··· Records for the exercise

-- ===== src/Load/Stats/Rank.antt =====
-- On stress/load/stats.go: the nearest rank.
use mathlib.Core.Path.{subst}
use the_500mb_club_challenge.Golang.Sort.{sort_by}
use the_500mb_club_challenge.Golang.Arith.{float_div, float_mul, float_of_nat}
use the_500mb_club_challenge.Golang.Float64.{Float64}
use the_500mb_club_challenge.Prelude.Int.{eq_of_parts, ℤ, ltb_ℤ}
use the_500mb_club_challenge.Load.Stats.{
  int_ceil, clamp_rank, pos, f_99_9, OpResult, OpSamples, summarize_sorted, rank_of, summarize,
  percentile,
}
use mathlib.Core.List.{Perm}
use the_500mb_club_challenge.Prelude.{
  true, ltb, [], ◌∷◌, zero, suc, some, drop, ◌∙◌, take, false, ap, ◌∷◌, All, get_or, ◌-◌, some, suc,
  get_elem?, length, ◌<◌, ◌≤◌, arith, List, ℕ, ◌≡◌, refl,
}
use the_500mb_club_challenge.Golang.Sort.Laws.{
  from_on, sort_by-perm, up_to, sort_by-length, sort_by-IsSorted, IsSorted, IsOrder,
}

pub duration_order : IsOrder ltb_ℤ
duration_order = record {
  asym = λ a b h. ground (arith, h);
  antisym = λ a b h k. ground (arith, h, k, eq_of_parts a b);
  neg_trans = λ a b c h k. ground (arith, h, k);
}

-- `v` stands at `rank`, from 1: no value up to there is larger, and none from there on is smaller.
pub record IsNearest (sorted : List ℤ) (rank : ℕ) (v : ℤ) : Type 0 where
  pub in_range : (1 ≤ rank) × (rank ≤ length sorted)
  pub value : get_elem? sorted (rank - 1) ≡ some v
  pub no_larger : All (λ x. ltb_ℤ v x ≡ false) (take rank sorted)
  pub no_smaller : All (λ x. ltb_ℤ x v ≡ false) (drop (rank - 1) sorted)

clamp_rank_range : (r n : ℕ) → 1 ≤ n → (1 ≤ clamp_rank r n) × (clamp_rank r n ≤ n)
unfolding clamp_rank
clamp_rank_range r n h = ground (arith, h)

rank_of_range : (p : Float64) (n : ℕ) → 1 ≤ n → (1 ≤ rank_of p n) × (rank_of p n ≤ n)
unfolding rank_of
rank_of_range p n h =
    clamp_rank_range (int_ceil (float_mul (float_div p (float_of_nat 100)) (float_of_nat n))) n h

not_empty : {A : Type 0} (l : List A) → 1 ≤ length l → ltb 0 (length l) ≡ true
not_empty [] h = absurd (omega (arith, h))
not_empty (x ∷ l) h = ground arith

get_elem?-get_or : (l : List ℤ) (i : ℕ) (d : ℤ) → i < length l → get_elem? l i ≡ some (get_or l i d)
get_elem?-get_or [] i d h = absurd (omega (arith, h))
get_elem?-get_or (a ∷ l) zero d h = refl
get_elem?-get_or (a ∷ l) (suc i) d h = get_elem?-get_or l i d (omega (arith, h))

-- In the order of the values, at any index.
at_index :
    (l : List ℤ) (i : ℕ)
    → IsSorted ltb_ℤ duration_order l
    → i < length l
    → IsNearest l (suc i) (get_or l i (pos 0))
at_index l i s h = record {
  in_range = omega (arith, h);
  value = ap (get_elem? l) (omega arith) ∙ get_elem?-get_or l i (pos 0) h;
  no_larger = up_to ltb_ℤ duration_order l i (pos 0) s h;
  no_smaller =
      subst (λ j. All (λ x. ltb_ℤ x (get_or l i (pos 0)) ≡ false) (drop j l)) (omega arith)
        (from_on ltb_ℤ duration_order l i (pos 0) s h);
}

pub percentile-IsNearest :
    (l : List ℤ) (p : Float64)
    → IsSorted ltb_ℤ duration_order l
    → 1 ≤ length l
    → IsNearest l (rank_of p (length l)) (percentile l p)
unfolding percentile
percentile-IsNearest l p s h =
    let rank = rank_of p (length l) in
    let (low, high) = rank_of_range p (length l) h in
    let shift : suc (rank - 1) ≡ rank = omega (arith, low) in
    let here : percentile l p ≡ get_or l (rank - 1) (pos 0) = rw (percentile, not_empty l h) refl in
    rw here (
      subst (λ k. IsNearest l k (get_or l (rank - 1) (pos 0))) shift
        (at_index l (rank - 1) s (omega (arith, low, high))))

-- What a summary says of the samples `ds`, of which `fails` failed.
pub record IsSummary (ds : List ℤ) (fails : ℕ) (r : OpResult) : Type 0 where
  pub sorted : List ℤ
  pub same : Perm sorted ds
  pub p50 : IsNearest sorted (rank_of (float_of_nat 50) (length ds)) r.p50
  pub p95 : IsNearest sorted (rank_of (float_of_nat 95) (length ds)) r.p95
  pub p99 : IsNearest sorted (rank_of (float_of_nat 99) (length ds)) r.p99
  pub p999 : IsNearest sorted (rank_of f_99_9 (length ds)) r.p999
  pub min : IsNearest sorted 1 r.min
  pub max : IsNearest sorted (length ds) r.max
  pub count : r.count ≡ length ds
  pub failed : r.fails ≡ fails

-- For an operation with a sample, each percentile of the summary stands in a rearrangement of the
-- samples at the rank that the code computes, which is from 1 to their number, with no larger
-- value up to there and no smaller one from there on; the minimum stands so at rank 1 and the
-- maximum at the last; the count is the number of samples, and the failures are those recorded.
pub summarize-IsSummary :
    (o : OpSamples) → 1 ≤ length o.durs → IsSummary o.durs o.fails (summarize (some o))
unfolding summarize summarize_sorted
summarize-IsSummary o h =
    let sorted = sort_by ltb_ℤ o.durs in
    let s = sort_by-IsSorted ltb_ℤ duration_order o.durs in
    let size : length sorted ≡ length o.durs = sort_by-length ltb_ℤ duration_order o.durs in
    let some_sorted : 1 ≤ length sorted = omega (arith, h, size) in
    let nearest : (p : Float64)
        → IsNearest sorted (rank_of p (length o.durs)) (percentile sorted p) =
      λ p.
        subst (λ n. IsNearest sorted (rank_of p n) (percentile sorted p)) size
          (percentile-IsNearest sorted p s some_sorted) in
    rw (summarize, not_empty o.durs h)
      (record {
        sorted = sorted;
        same = sort_by-perm ltb_ℤ duration_order o.durs;
        p50 = nearest (float_of_nat 50);
        p95 = nearest (float_of_nat 95);
        p99 = nearest (float_of_nat 99);
        p999 = nearest f_99_9;
        min = at_index sorted 0 s some_sorted;
        max =
            subst (λ n. IsNearest sorted n (get_or sorted (length sorted - 1) (pos 0)))
              (omega (arith, size, h))
              (at_index sorted (length sorted - 1) s (omega (arith, some_sorted)));
        count = size;
        failed = refl;
      })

······

*Your instructions*. Transcribe the material exactly as it reads.

*Response to this task*.
-- ===== src/Load/Stats/Rank.antt =====
-- On stress/load/stats.go: the nearest rank.
use mathlib.Core.Path.{subst}
use the_500mb_club_challenge.Golang.Sort.{sort_by}
use the_500mb_club_challenge.Golang.Arith.{float_div, float_mul, float_of_nat}
use the_500mb_club_challenge.Golang.Float64.{Float64}
use the_500mb_club_challenge.Prelude.Int.{eq_of_parts, ℤ, ltb_ℤ}
use the_500mb_club_challenge.Load.Stats.{
  int_ceil, clamp_rank, pos, f_99_9, OpResult, OpSamples, summarize_sorted, rank_of, summarize,
  percentile,
}
use mathlib.Core.List.{Perm}
use the_500mb_club_challenge.Prelude.{
  true, ltb, [], ◌∷◌, zero, suc, some, drop, ◌∙◌, take, false, ap, ◌∷◌, All, get_or, ◌-◌, some, suc,
  get_elem?, length, ◌<◌, ◌≤◌, arith, List, ℕ, ◌≡◌, refl,
}
use the_500mb_club_challenge.Golang.Sort.Laws.{
  from_on, sort_by-perm, up_to, sort_by-length, sort_by-IsSorted, IsSorted, IsOrder,
}

pub duration_order : IsOrder ltb_ℤ
duration_order = record {
  asym = λ a b h. ground (arith, h);
  antisym = λ a b h k. ground (arith, h, k, eq_of_parts a b);
  neg_trans = λ a b c h k. ground (arith, h, k);
}

-- `v` stands at `rank`, from 1: no value up to there is larger, and none from there on is smaller.
pub record IsNearest (sorted : List ℤ) (rank : ℕ) (v : ℤ) : Type 0 where
  pub in_range : (1 ≤ rank) × (rank ≤ length sorted)
  pub value : get_elem? sorted (rank - 1) ≡ some v
  pub no_larger : All (λ x. ltb_ℤ v x ≡ false) (take rank sorted)
  pub no_smaller : All (λ x. ltb_ℤ x v ≡ false) (drop (rank - 1) sorted)

clamp_rank_range : (r n : ℕ) → 1 ≤ n → (1 ≤ clamp_rank r n) × (clamp_rank r n ≤ n)
unfolding clamp_rank
clamp_rank_range r n h = ground (arith, h)

rank_of_range : (p : Float64) (n : ℕ) → 1 ≤ n → (1 ≤ rank_of p n) × (rank_of p n ≤ n)
unfolding rank_of
rank_of_range p n h =
    clamp_rank_range (int_ceil (float_mul (float_div p (float_of_nat 100)) (float_of_nat n))) n h

not_empty : {A : Type 0} (l : List A) → 1 ≤ length l → ltb 0 (length l) ≡ true
not_empty [] h = absurd (omega (arith, h))
not_empty (x ∷ l) h = ground arith

get_elem?-get_or : (l : List ℤ) (i : ℕ) (d : ℤ) → i < length l → get_elem? l i ≡ some (get_or l i d)
get_elem?-get_or [] i d h = absurd (omega (arith, h))
get_elem?-get_or (a ∷ l) zero d h = refl
get_elem?-get_or (a ∷ l) (suc i) d h = get_elem?-get_or l i d (omega (arith, h))

-- In the order of the values, at any index.
at_index :
    (l : List ℤ) (i : ℕ)
    → IsSorted ltb_ℤ duration_order l
    → i < length l
    → IsNearest l (suc i) (get_or l i (pos 0))
at_index l i s h = record {
  in_range = omega (arith, h);
  value = ap (get_elem? l) (omega arith) ∙ get_elem?-get_or l i (pos 0) h;
  no_larger = up_to ltb_ℤ duration_order l i (pos 0) s h;
  no_smaller =
      subst (λ j. All (λ x. ltb_ℤ x (get_or l i (pos 0)) ≡ false) (drop j l)) (omega arith)
        (from_on ltb_ℤ duration_order l i (pos 0) s h);
}

pub percentile-IsNearest :
    (l : List ℤ) (p : Float64)
    → IsSorted ltb_ℤ duration_order l
    → 1 ≤ length l
    → IsNearest l (rank_of p (length l)) (percentile l p)
unfolding percentile
percentile-IsNearest l p s h =
    let rank = rank_of p (length l) in
    let (low, high) = rank_of_range p (length l) h in
    let shift : suc (rank - 1) ≡ rank = omega (arith, low) in
    let here : percentile l p ≡ get_or l (rank - 1) (pos 0) = rw (percentile, not_empty l h) refl in
    rw here (
      subst (λ k. IsNearest l k (get_or l (rank - 1) (pos 0))) shift
        (at_index l (rank - 1) s (omega (arith, low, high))))

-- What a summary says of the samples `ds`, of which `fails` failed.
pub record IsSummary (ds : List ℤ) (fails : ℕ) (r : OpResult) : Type 0 where
  pub sorted : List ℤ
  pub same : Perm sorted ds
  pub p50 : IsNearest sorted (rank_of (float_of_nat 50) (length ds)) r.p50
  pub p95 : IsNearest sorted (rank_of (float_of_nat 95) (length ds)) r.p95
  pub p99 : IsNearest sorted (rank_of (float_of_nat 99) (length ds)) r.p99
  pub p999 : IsNearest sorted (rank_of f_99_9 (length ds)) r.p999
  pub min : IsNearest sorted 1 r.min
  pub max : IsNearest sorted (length ds) r.max
  pub count : r.count ≡ length ds
  pub failed : r.fails ≡ fails

-- For an operation with a sample, each percentile of the summary stands in a rearrangement of the
-- samples at the rank that the code computes, which is from 1 to their number, with no larger
-- value up to there and no smaller one from there on; the minimum stands so at rank 1 and the
-- maximum at the last; the count is the number of samples, and the failures are those recorded.
pub summarize-IsSummary :
    (o : OpSamples) → 1 ≤ length o.durs → IsSummary o.durs o.fails (summarize (some o))
unfolding summarize summarize_sorted
summarize-IsSummary o h =
    let sorted = sort_by ltb_ℤ o.durs in
    let s = sort_by-IsSorted ltb_ℤ duration_order o.durs in
    let size : length sorted ≡ length o.durs = sort_by-length ltb_ℤ duration_order o.durs in
    let some_sorted : 1 ≤ length sorted = omega (arith, h, size) in
    let nearest : (p : Float64)
        → IsNearest sorted (rank_of p (length o.durs)) (percentile sorted p) =
      λ p.
        subst (λ n. IsNearest sorted (rank_of p n) (percentile sorted p)) size
          (percentile-IsNearest sorted p s some_sorted) in
    rw (summarize, not_empty o.durs h)
      (record {
        sorted = sorted;
        same = sort_by-perm ltb_ℤ duration_order o.durs;
        p50 = nearest (float_of_nat 50);
        p95 = nearest (float_of_nat 95);
        p99 = nearest (float_of_nat 99);
        p999 = nearest f_99_9;
        min = at_index sorted 0 s some_sorted;
        max =
            subst (λ n. IsNearest sorted n (get_or sorted (length sorted - 1) (pos 0)))
              (omega (arith, size, h))
              (at_index sorted (length sorted - 1) s (omega (arith, some_sorted)));
        count = size;
        failed = refl;
      })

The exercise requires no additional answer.